Professor Appleby has written extensively about American and English 18th and 19th centuries, lived, written and studied abroad and has served as president of both the Organization of American Historians (1991) and the American Historical Association (1997). At the time of publishing, very few works on these aspects of the post- Revolution time frame had been written apart from works on politicians and American aristocracy and Appleby has contributed a substantial amount to this subfield of United States history.
Borrowing primarily upon the autobiographies of those who grew up during and amidst the aftermath of the break from England, the Americans that Appleby writes of did not fight the Revolution, rather they are those who were bestowed with the power to shape the nation into what it becomes during the 19th century and eventually what it is today. This generation was born both into a revolutionary and republican tradition but faced immense questions.
"The premise of Joyce Appleby's book is simple and arresting: Americans after 1789 possessed political independence and a constitutional blueprint for nationhood, but they possessed neither national political and social forms nor a national identity." By utilizing over two hundred autobiographies of those in this new generation, Inheriting the Revolution is a well documented work. Those individuals looked at range from all walks of life, social status and castes "who did something in public- starting a business, invented a useful object, settled a town, organized a movement, ran for office, formed an association, or wrote a publican, if only an autobiography" (pp. 7-8)
By examining Appleby's previous published books and articles, she is well versed in the concepts of a Jeffersonian America and ties these concepts and ideals into Inheriting the Revolution often.

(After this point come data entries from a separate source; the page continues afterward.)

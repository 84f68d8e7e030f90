-- ===== src/Fees/Stock/Tests.antt =====
-- A stock fee of a brokerage with a minimum and a stamp duty.
use sim_trade.Prelude.{◌≡◌, ◌↔◌, refl, some, List, [], ◌∷◌}
use sim_trade.Prelude.Int.{pos, ◌+ℤ◌, ◌-ℤ◌, ◌*ℤ◌}
use sim_trade.Errors.{ok}
use sim_trade.Enums.{by_amount}
use sim_trade.Money.{of_int, quantize_money, quantize_ratio, round_half_up}
use sim_trade.Fees.Snapshot.{calculate_from_snapshot}
use sim_trade.Fees.Stock.{
  StockFeeComponent, seen, component_fee, with_minimum, calculate_stock_components,
}
use sim_trade.Fees.Stock.Laws.{IsDistinct, fee_types, AreCharged, calculate_stock_components_iff}

abbrev components : List StockFeeComponent
components =
    record {
      fee_type = 0;
      calculation_type = some by_amount;
      commission_parameter = record { coefficient = pos 25; places = 5 };
      minimum_fee = of_int (pos 5);
      contract_multiplier = of_int (pos 1);
    }
    ∷ record {
      fee_type = 1;
      calculation_type = some by_amount;
      commission_parameter = record { coefficient = pos 5; places = 4 };
      minimum_fee = of_int (pos 0);
      contract_multiplier = of_int (pos 1);
    }
    ∷ []

-- 100 shares at 12: the brokerage of 0.3 is raised to 5, and the duty is 0.6.
components_fee :
    calculate_stock_components (of_int (pos 12)) (pos 100) components ≡ ok (pos 5600000)
unfolding seen component_fee with_minimum calculate_stock_components calculate_from_snapshot
    quantize_money quantize_ratio round_half_up ◌*ℤ◌ ◌+ℤ◌ ◌-ℤ◌
components_fee = refl

calculate_stock_components_iff_example :
    (calculate_stock_components (of_int (pos 12)) (pos 100) components ≡ ok (pos 5600000)) ↔ (
      IsDistinct (fee_types components)
      × AreCharged (of_int (pos 12)) (pos 100) components (pos 5600000))
calculate_stock_components_iff_example =
    calculate_stock_components_iff (of_int (pos 12)) (pos 100) components (pos 5600000)
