-- ===== src/Matching.antt =====
-- The pure matching engines, app/matching: one order against the best opposite quote.
pub mod Types
pub mod Vn
pub mod CashSecurity
pub mod Registry
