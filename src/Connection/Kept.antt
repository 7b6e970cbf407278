-- ===== src/Connection/Kept.antt =====
-- Predicates on a connection that its driver keeps, by what they have to say of the steps that
-- change the protocol's state.
pub mod Input
pub mod Packets
pub mod Output
pub mod Deadline
pub mod Driver
pub mod Api
use cobs_io_async_rs.Connection.Deadline.{retransmit}
use cobs_io_async_rs.Connection.Input.{on_packet, poll_input}
use cobs_io_async_rs.Connection.Output.{begin_output, flushed, poll_output}
use cobs_io_async_rs.Connection.State.{Tx, waiting, queued, Frame, Out, Waiters, Health, Reliable}
use cobs_io_async_rs.Prelude.Exec.Ensures.{Ensures}
use cobs_io_async_rs.Prelude.{
  ℕ, suc, ◌+◌, ◌<◌, ◌≡◌, Bool, List, [], ◌∷◌, ◌++◌, Bytes, Option, none, some,
}
use cobs_io_async_rs.Protocol.Packet.{parse}
use cobs_io_async_rs.Transport.{Waker, Transport, Timer}

-- Where there is a connection, `P` holds of it.
abbrev pub Begun : {T C E : Type 0} → (Reliable T C E → Type 0) → Option (Reliable T C E) → Type 0
Begun P none = Unit
Begun P (some c) = P c

-- What the driver is made of: the fields of timing, waking and failing do not matter, output and input
-- are polled, and a packet is queued again.
pub record IsKept {T C E : Type 0} (link : Transport T E) (clock : Timer C) (capacity : ℕ)
    (P : Reliable T C E → Type 0) : Type 0 where
  pub plumbing :
      (c : Reliable T C E) (k : C) (h : Health E) (allowance : Option ℕ) (w : Waiters)
      (woken : List Waker)
      → P c
      → P (record c { timer = k; health = h; final_input = allowance; waiters = w; woken = woken })
  pub outputs :
      (cx : Waker) (budget : ℕ) (c : Reliable T C E)
      → P c
      → Ensures (λ r. P r.1.0) (poll_output link clock cx budget c)
  pub inputs :
      (cx : Waker) (budget : ℕ) (c : Reliable T C E)
      → P c
      → Ensures (λ r. P r.1.0) (poll_input capacity link cx budget c)
  pub again :
      (c : Reliable T C E)
      → c.tx ≡ waiting
      → c.tx_retries < c.config.max_retries
      → P c
      → P (record c { final_input = none; tx_retries = c.tx_retries + 1; tx = queued })

-- What `poll_output` is made of: output is begun, goes to the link, moves on and is flushed.
pub record IsOutputKept {T C E : Type 0} (link : Transport T E) (clock : Timer C)
    (P : Reliable T C E → Type 0) : Type 0 where
  pub begun :
      (c : Reliable T C E) → P c → Ensures (Begun P) (begin_output link clock c.out c.ack_pending c)
  pub writes_to :
      (c : Reliable T C E) (cx : Waker) (bytes : Bytes)
      → P c
      → P (record c { transport = (link.poll_write c.transport cx bytes).0 })
  pub flushes_to :
      (c : Reliable T C E) (cx : Waker)
      → P c
      → P (record c { transport = (link.poll_flush c.transport cx).0 })
  pub moved : (o : Out) (c : Reliable T C E) → P c → P (record c { out = o })
  pub flushes : (frame : Frame) (c : Reliable T C E) → P c → P (flushed link clock frame c)

-- What `poll_input` is made of: bytes come from the link, the buffers change, and a decoded frame is
-- handled.
pub record IsInputKept {T C E : Type 0} (link : Transport T E) (capacity : ℕ)
    (P : Reliable T C E → Type 0) : Type 0 where
  pub reads_from :
      (c : Reliable T C E) (cx : Waker) (free : Bytes)
      → P c
      → P (record c { transport = (link.poll_read c.transport cx free).0 })
  pub buffers :
      (c : Reliable T C E) (allowance : Option ℕ) (rx_buf : Bytes) (rx_len : ℕ) (discarding : Bool)
      (scratch : Bytes)
      → P c
      → P (record c {
        final_input = allowance;
        rx_buf = rx_buf;
        rx_len = rx_len;
        rx_discarding = discarding;
        scratch = scratch;
      })
  pub handled :
      (bytes : Bytes) (c : Reliable T C E)
      → P c
      → Ensures P (on_packet capacity (parse bytes) (record c { seen = c.seen ++ bytes ∷ [] }))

Jefferson, for example, was a slave owner but loathed its existence, during his administration territorial expansion remained important but Native American and foreign governments occupied land on the frontier and government's role in citizens' daily lives remained issues and are discussed throughout in an analysis of these autobiographies and various sources.
Economic life is cited and credit to America's new enterprises are shared between ordinary men who made the right choices, weathered economic storms, and financed these risky ventures. A new middle class emerged and Appleby spends a fair amount of time on careers such as lawyers, doctors, writers, teachers, and artisans and how education influenced social life, classes and professions. Stories of religion, family life and morality are also discussed and their bearing on issues of slavery, expansion, public life and politics. Appleby appears to side with the North in that it was the true champion of the American Revolution socially, economically and in cultural development, claiming slavery to have slowed the South's development.
At times Appleby does appear to be very optimistic of the changes that took place in the 19th century and an attempt to retain an uncritical stance. Very few autobiographies utilized are pre-1850 making the title of the book slightly misleading. It is difficult to be critical of Professor Appleby as she covers nearly every facet of American life, economics and politics in the post-Revolutionary era. The myth of the celebrated new national identity is fully explained in that nearly all Americans- all white women, slaves, Native Americans, free blacks and some white men were excluded from many of the processes that shaped the country. However, Inheriting the Revolution provides a fine analysis blending primary sources with a well written account and offers a fresh look into a generation of Americans that played a large part in the establishment of America offering a substantial contribution.